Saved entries
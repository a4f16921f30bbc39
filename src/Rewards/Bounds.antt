-- ===== src/Rewards/Bounds.antt =====
-- What the storage reward can be: its bounds, and how it moves with the bond.
use anarchy.Base.{ℕ, ◌*◌, ◌/◌, ◌<◌, ◌≤◌, ◌≡◌, arith, sat_mul, u128_max, max}
use anarchy.Rewards.{
  root, one_million, pool_decay, bond_correction, calculate_reward_v3,
  calculate_reward_with_threshold,
}
use anarchy.Rewards.Sqrt.{root-IsSqrt, IsSqrt-mono}

pub root_mono : (x y : ℕ) → x ≤ y → y ≤ one_million → root x ≤ root y
root_mono x y h top =
    IsSqrt-mono (x * one_million) (y * one_million) (root x) (root y) (omega (arith, h))
      (root-IsSqrt x (omega (arith, h, top))) (root-IsSqrt y top)

-- A share of at most 1 has a square root of at most 1.
pub root-le : (x : ℕ) → x ≤ one_million → root x ≤ one_million
root-le x h =
    IsSqrt-mono (x * one_million) (one_million * one_million) (root x) one_million
      (omega (arith, h)) (root-IsSqrt x h) (omega arith)

-- A saturated part of at most a million does not grow a reward.
pub ppm-le : (r p : ℕ) → p ≤ one_million → sat_mul u128_max r p / one_million ≤ r
ppm-le r p h = grind arith

pub ppm_mono :
    (r s p q : ℕ)
    → r ≤ s
    → p ≤ q
    → sat_mul u128_max r p / one_million ≤ sat_mul u128_max s q / one_million
ppm_mono r s p q h k = grind arith

pub share-le : (a b : ℕ) → a ≤ b → sat_mul u128_max a one_million / max b 1 ≤ one_million
share-le a b h = grind arith

share_mono :
    (a b t : ℕ)
    → a ≤ b
    → sat_mul u128_max a one_million / max t 1 ≤ sat_mul u128_max b one_million / max t 1
share_mono a b t h = grind arith

pub pool_decay-le : (balance target r : ℕ) → pool_decay balance target r ≤ r
unfolding pool_decay
pool_decay-le balance target r = ground (
  arith,
  ppm-le r one_million,
  ppm-le r (sat_mul u128_max balance one_million / max target 1),
  share-le balance target,
)

pub bond_correction-le : (bond total r : ℕ) → bond ≤ total → bond_correction bond total r ≤ r
unfolding bond_correction
bond_correction-le bond total r h = ground (
  arith,
  ppm-le r (root (sat_mul u128_max bond one_million / max total 1)),
  root-le (sat_mul u128_max bond one_million / max total 1),
  share-le bond total,
)

pub bond_correction_mono :
    (a b total r : ℕ)
    → 0 < a
    → a ≤ b
    → b ≤ total
    → bond_correction a total r ≤ bond_correction b total r
unfolding bond_correction
bond_correction_mono a b total r p h top = ground (
  arith,
  ppm_mono r r (root (sat_mul u128_max a one_million / max total 1))
      (root (sat_mul u128_max b one_million / max total 1)),
  root_mono (sat_mul u128_max a one_million / max total 1)
      (sat_mul u128_max b one_million / max total 1),
  share_mono a b total,
  share-le b total,
)

-- A reward below the score threshold is 0, and no reward of a node whose bond is part of the total
-- exceeds the plain product of rate and size.
pub calculate_reward_v3_bounds :
    (size rate score threshold balance target bond total : ℕ)
    → bond ≤ total
    → (score < threshold
        → calculate_reward_v3 size rate score threshold balance target bond total ≡ 0)
      × (calculate_reward_v3 size rate score threshold balance target bond total
          ≤ calculate_reward_with_threshold size rate score threshold)
unfolding calculate_reward_v3 calculate_reward_with_threshold
calculate_reward_v3_bounds size rate score threshold balance target bond total h =
    let base = sat_mul u128_max rate size in
    let decayed = pool_decay balance target base in
    (
      ground arith,
      ground (arith, pool_decay-le balance target base, bond_correction-le bond total decayed h),
    )

-- With the other inputs fixed, a larger positive bond that is part of the total never lowers the reward.
pub calculate_reward_v3_mono :
    (size rate score threshold balance target a b total : ℕ)
    → 0 < a
    → a ≤ b
    → b ≤ total
    → calculate_reward_v3 size rate score threshold balance target a total
      ≤ calculate_reward_v3 size rate score threshold balance target b total
unfolding calculate_reward_v3
calculate_reward_v3_mono size rate score threshold balance target a b total p h top = ground (
  arith,
  bond_correction_mono a b total (pool_decay balance target (sat_mul u128_max rate size)) p h top,
)

-- A node without a bond earns at least what any node earns whose bond is part of the same total,
-- since a bond of 0 switches the correction off.
pub calculate_reward_v3_unbonded :
    (size rate score threshold balance target bond total : ℕ)
    → bond ≤ total
    → calculate_reward_v3 size rate score threshold balance target bond total
      ≤ calculate_reward_v3 size rate score threshold balance target 0 total
unfolding calculate_reward_v3 bond_correction
calculate_reward_v3_unbonded size rate score threshold balance target bond total h = ground (
  arith,
  bond_correction-le bond total (pool_decay balance target (sat_mul u128_max rate size)) h,
)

### TASK BRIEF
Without changing a word, write out each entry again.

### RESULT OF THIS TASK
repository a4f16921f30bbc39
filename src/Rewards/Bounds.antt
-- ===== src/Rewards/Bounds.antt =====
-- What the storage reward can be: its bounds, and how it moves with the bond.
use anarchy.Base.{ℕ, ◌*◌, ◌/◌, ◌<◌, ◌≤◌, ◌≡◌, arith, sat_mul, u128_max, max}
use anarchy.Rewards.{
  root, one_million, pool_decay, bond_correction, calculate_reward_v3,
  calculate_reward_with_threshold,
}
use anarchy.Rewards.Sqrt.{root-IsSqrt, IsSqrt-mono}

pub root_mono : (x y : ℕ) → x ≤ y → y ≤ one_million → root x ≤ root y
root_mono x y h top =
    IsSqrt-mono (x * one_million) (y * one_million) (root x) (root y) (omega (arith, h))
      (root-IsSqrt x (omega (arith, h, top))) (root-IsSqrt y top)

-- A share of at most 1 has a square root of at most 1.
pub root-le : (x : ℕ) → x ≤ one_million → root x ≤ one_million
root-le x h =
    IsSqrt-mono (x * one_million) (one_million * one_million) (root x) one_million
      (omega (arith, h)) (root-IsSqrt x h) (omega arith)

-- A saturated part of at most a million does not grow a reward.
pub ppm-le : (r p : ℕ) → p ≤ one_million → sat_mul u128_max r p / one_million ≤ r
ppm-le r p h = grind arith

pub ppm_mono :
    (r s p q : ℕ)
    → r ≤ s
    → p ≤ q
    → sat_mul u128_max r p / one_million ≤ sat_mul u128_max s q / one_million
ppm_mono r s p q h k = grind arith

pub share-le : (a b : ℕ) → a ≤ b → sat_mul u128_max a one_million / max b 1 ≤ one_million
share-le a b h = grind arith

share_mono :
    (a b t : ℕ)
    → a ≤ b
    → sat_mul u128_max a one_million / max t 1 ≤ sat_mul u128_max b one_million / max t 1
share_mono a b t h = grind arith

pub pool_decay-le : (balance target r : ℕ) → pool_decay balance target r ≤ r
unfolding pool_decay
pool_decay-le balance target r = ground (
  arith,
  ppm-le r one_million,
  ppm-le r (sat_mul u128_max balance one_million / max target 1),
  share-le balance target,
)

pub bond_correction-le : (bond total r : ℕ) → bond ≤ total → bond_correction bond total r ≤ r
unfolding bond_correction
bond_correction-le bond total r h = ground (
  arith,
  ppm-le r (root (sat_mul u128_max bond one_million / max total 1)),
  root-le (sat_mul u128_max bond one_million / max total 1),
  share-le bond total,
)

pub bond_correction_mono :
    (a b total r : ℕ)
    → 0 < a
    → a ≤ b
    → b ≤ total
    → bond_correction a total r ≤ bond_correction b total r
unfolding bond_correction
bond_correction_mono a b total r p h top = ground (
  arith,
  ppm_mono r r (root (sat_mul u128_max a one_million / max total 1))
      (root (sat_mul u128_max b one_million / max total 1)),
  root_mono (sat_mul u128_max a one_million / max total 1)
      (sat_mul u128_max b one_million / max total 1),
  share_mono a b total,
  share-le b total,
)

-- A reward below the score threshold is 0, and no reward of a node whose bond is part of the total
-- exceeds the plain product of rate and size.
pub calculate_reward_v3_bounds :
    (size rate score threshold balance target bond total : ℕ)
    → bond ≤ total
    → (score < threshold
        → calculate_reward_v3 size rate score threshold balance target bond total ≡ 0)
      × (calculate_reward_v3 size rate score threshold balance target bond total
          ≤ calculate_reward_with_threshold size rate score threshold)
unfolding calculate_reward_v3 calculate_reward_with_threshold
calculate_reward_v3_bounds size rate score threshold balance target bond total h =
    let base = sat_mul u128_max rate size in
    let decayed = pool_decay balance target base in
    (
      ground arith,
      ground (arith, pool_decay-le balance target base, bond_correction-le bond total decayed h),
    )

-- With the other inputs fixed, a larger positive bond that is part of the total never lowers the reward.
pub calculate_reward_v3_mono :
    (size rate score threshold balance target a b total : ℕ)
    → 0 < a
    → a ≤ b
    → b ≤ total
    → calculate_reward_v3 size rate score threshold balance target a total
      ≤ calculate_reward_v3 size rate score threshold balance target b total
unfolding calculate_reward_v3
calculate_reward_v3_mono size rate score threshold balance target a b total p h top = ground (
  arith,
  bond_correction_mono a b total (pool_decay balance target (sat_mul u128_max rate size)) p h top,
)

-- A node without a bond earns at least what any node earns whose bond is part of the same total,
-- since a bond of 0 switches the correction off.
pub calculate_reward_v3_unbonded :
    (size rate score threshold balance target bond total : ℕ)
    → bond ≤ total
    → calculate_reward_v3 size rate score threshold balance target bond total
      ≤ calculate_reward_v3 size rate score threshold balance target 0 total
unfolding calculate_reward_v3 bond_correction
calculate_reward_v3_unbonded size rate score threshold balance target bond total h = ground (
  arith,
  bond_correction-le bond total (pool_decay balance target (sat_mul u128_max rate size)) h,
)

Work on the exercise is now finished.